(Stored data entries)

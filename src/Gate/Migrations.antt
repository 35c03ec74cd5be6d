-- ===== src/Gate/Migrations.antt =====
-- What calls of `validate_migration_gate` keep, and what an entry has checked.
use reka_serdoba.Common.{
  ℕ, ◌+◌, ◌≤◌, ◌≡◌, ◌∙◌, sym, ap, subst, ◌==◌, slice, bytes_eq, bytes_eq→eq, Option-cases, true,
  false, Option, some, List, [], ◌∷◌, Result, ok, Result-cases, Bool-cases, inl, inr, arith,
}
use reka_serdoba.Common.Words.{from_be}
use reka_serdoba.Common.Maps.{find, insert, find-insert, find-insert_other}
use reka_serdoba.Errors.{Error}
use reka_serdoba.Crypto.{Crypto}
use reka_serdoba.Gate.{
  MigrationEntry, seen_at, migration_session, check_migration, migration_message,
  validate_migration_entry, gate_replay, outside_window,
}
use reka_serdoba.Gate.Kept.{at_least, check_replay-at_least}
use reka_serdoba.Gate.Registry.{MigrationRegistry, session_of, validate_migration_gate}

-- A call of `validate_migration_gate`, with the system's time and the monotonic one.
pub record Call : Type 0 where
  pub encoded : List ℕ
  pub exporter : List ℕ
  pub endpoint_id : ℕ
  pub wall : ℕ
  pub now : ℕ

abbrev pub AreWithin : ℕ → List Call → Type 0
AreWithin t [] = Unit
AreWithin t (a ∷ calls) = (t ≤ a.now) × (a.now ≤ t + gate_replay) × AreWithin t calls

-- The session is there, and has noted the nonce at `t` or later.
abbrev pub HasSeen : ℕ → List ℕ → ℕ → MigrationRegistry → Type 0
HasSeen session nonce t registry =
    (entry : MigrationEntry) × (find session registry ≡ some entry)
    × (at_least t (seen_at nonce entry.replay) ≡ true)

module _ (c : Crypto) (decode : List ℕ → Option (List ℕ)) where
  abbrev pub call : Call → MigrationRegistry → MigrationRegistry × Result Error ℕ
  call a = validate_migration_gate c decode a.encoded a.exporter a.endpoint_id a.wall a.now

  unfoldable pub call_all : List Call → MigrationRegistry → MigrationRegistry
  call_all [] registry = registry
  call_all (a ∷ calls) registry = call_all calls (call a registry).0

  abbrev pub at_entry : Call → MigrationEntry → List ℕ → MigrationEntry × Result Error (Unit {0})
  at_entry a entry token =
      validate_migration_entry c decode entry token a.exporter a.endpoint_id a.wall a.now

  entry-at_least :
      (nonce : List ℕ) (t : ℕ) (a : Call) (entry : MigrationEntry) (token : List ℕ)
      → t ≤ a.now
      → a.now ≤ t + gate_replay
      → at_least t (seen_at nonce entry.replay) ≡ true
      → at_least t (seen_at nonce (at_entry a entry token).0.replay) ≡ true
  unfolding validate_migration_entry
  entry-at_least nonce t a entry token later soon h =
      elim (Result-cases (check_migration c decode entry token a.exporter a.endpoint_id a.wall)) [
        | inr (e, p) ↦ rw (p, validate_migration_entry) h
        | inl (x, p) ↦
            rw (p, validate_migration_entry)
              (check_replay-at_least nonce (slice 24 40 token) t a.now entry.replay later soon h)
      ]

  write-HasSeen :
      (session : ℕ) (nonce : List ℕ) (t : ℕ) (a : Call) (registry : MigrationRegistry)
      (token : List ℕ) (found : MigrationEntry)
      → t ≤ a.now
      → a.now ≤ t + gate_replay
      → find (session_of token) registry ≡ some found
      → HasSeen session nonce t registry
      → HasSeen session nonce t (insert (session_of token) (at_entry a found token).0 registry)
  write-HasSeen session nonce t a registry token found later soon f (entry, there, h) =
      let new : MigrationEntry = (at_entry a found token).0 in
      elim (Bool-cases (session_of token == session)) [
        | inl same ↦
            let is_session : session_of token ≡ session = ground (arith, same) in
            let is_entry : entry ≡ found =
              same_entry (sym there ∙ ap (λ (i : ℕ). find i registry) (sym is_session) ∙ f) in
            (
              new,
              ap (λ (i : ℕ). find i (insert (session_of token) new registry)) (sym is_session)
                  ∙ find-insert (session_of token) new registry,
              entry-at_least nonce t a found token later soon (
                  subst (λ (x : MigrationEntry). at_least t (seen_at nonce x.replay) ≡ true)
                    is_entry h),
            )
        | inr other ↦
            (entry, find-insert_other session (session_of token) new registry other ∙ there, h)
      ]
    where
      same_entry : {x y : MigrationEntry} → some x ≡ some y → x ≡ y
      same_entry p = cc p

  call-HasSeen :
      (session : ℕ) (nonce : List ℕ) (t : ℕ) (a : Call) (registry : MigrationRegistry)
      → t ≤ a.now
      → a.now ≤ t + gate_replay
      → HasSeen session nonce t registry
      → HasSeen session nonce t (call a registry).0
  unfolding validate_migration_gate
  call-HasSeen session nonce t a registry later soon h =
      elim (Result-cases (migration_session c decode a.encoded)) [
        | inr (e, p) ↦ rw (p, validate_migration_gate) h
        | inl (token, p) ↦ elim (Option-cases (find (session_of token) registry)) [
          | inl f ↦ rw (p, validate_migration_gate, f) h
          | inr (found, f) ↦
              rw (p, validate_migration_gate, f)
                (write-HasSeen session nonce t a registry token found later soon f h)
        ]
      ]

  pub call_all-HasSeen :
      (session : ℕ) (nonce : List ℕ) (t : ℕ) (calls : List Call) (registry : MigrationRegistry)
      → AreWithin t calls
      → HasSeen session nonce t registry
      → HasSeen session nonce t (call_all calls registry)
  unfolding call_all
  call_all-HasSeen session nonce t [] registry within h = h
  call_all-HasSeen session nonce t (a ∷ calls) registry (later, soon, within) h =
      call_all-HasSeen session nonce t calls (call a registry).0 within
        (call-HasSeen session nonce t a registry later soon h)

  -- What the entry has checked when it answers.
  pub record IsGenuine (a : Call) (token : List ℕ) (entry : MigrationEntry) : Type 0 where
    pub in_time : outside_window a.wall (from_be (slice 16 24 token)) ≡ false
    pub mac :
        c.hmac_sha256 entry.secret (migration_message a.exporter token a.endpoint_id)
        ≡ some (slice 40 72 token)

  pub check_migration-IsGenuine :
      (a : Call) (token : List ℕ) (entry : MigrationEntry)
      → check_migration c decode entry token a.exporter a.endpoint_id a.wall ≡ ok tt
      → IsGenuine a token entry
  unfolding check_migration
  check_migration-IsGenuine a token entry e =
      elim (Bool-cases (outside_window a.wall (from_be (slice 16 24 token)))) [
        | inl o ↦ absurd (cc (rw (check_migration, o) at e))
        | inr o ↦
            elim (Option-cases
              (c.hmac_sha256 entry.secret (migration_message a.exporter token a.endpoint_id))) [
                | inl m ↦ absurd (cc (rw (check_migration, o, m) at e))
                | inr (mac, m) ↦ elim (Bool-cases (bytes_eq mac (slice 40 72 token))) [
                  | inr s ↦ absurd (cc (rw (check_migration, o, m, s) at e))
                  | inl s ↦ record {
                    in_time = o;
                    mac = m ∙ ap some (bytes_eq→eq mac (slice 40 72 token) s);
                  }
                ]
              ]
      ]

# What you are asked to do:
Pick each line holding "checked" out of the entries above and return it.

# Response to the task:
-- What calls of `validate_migration_gate` keep, and what an entry has checked.
  -- What the entry has checked when it answers.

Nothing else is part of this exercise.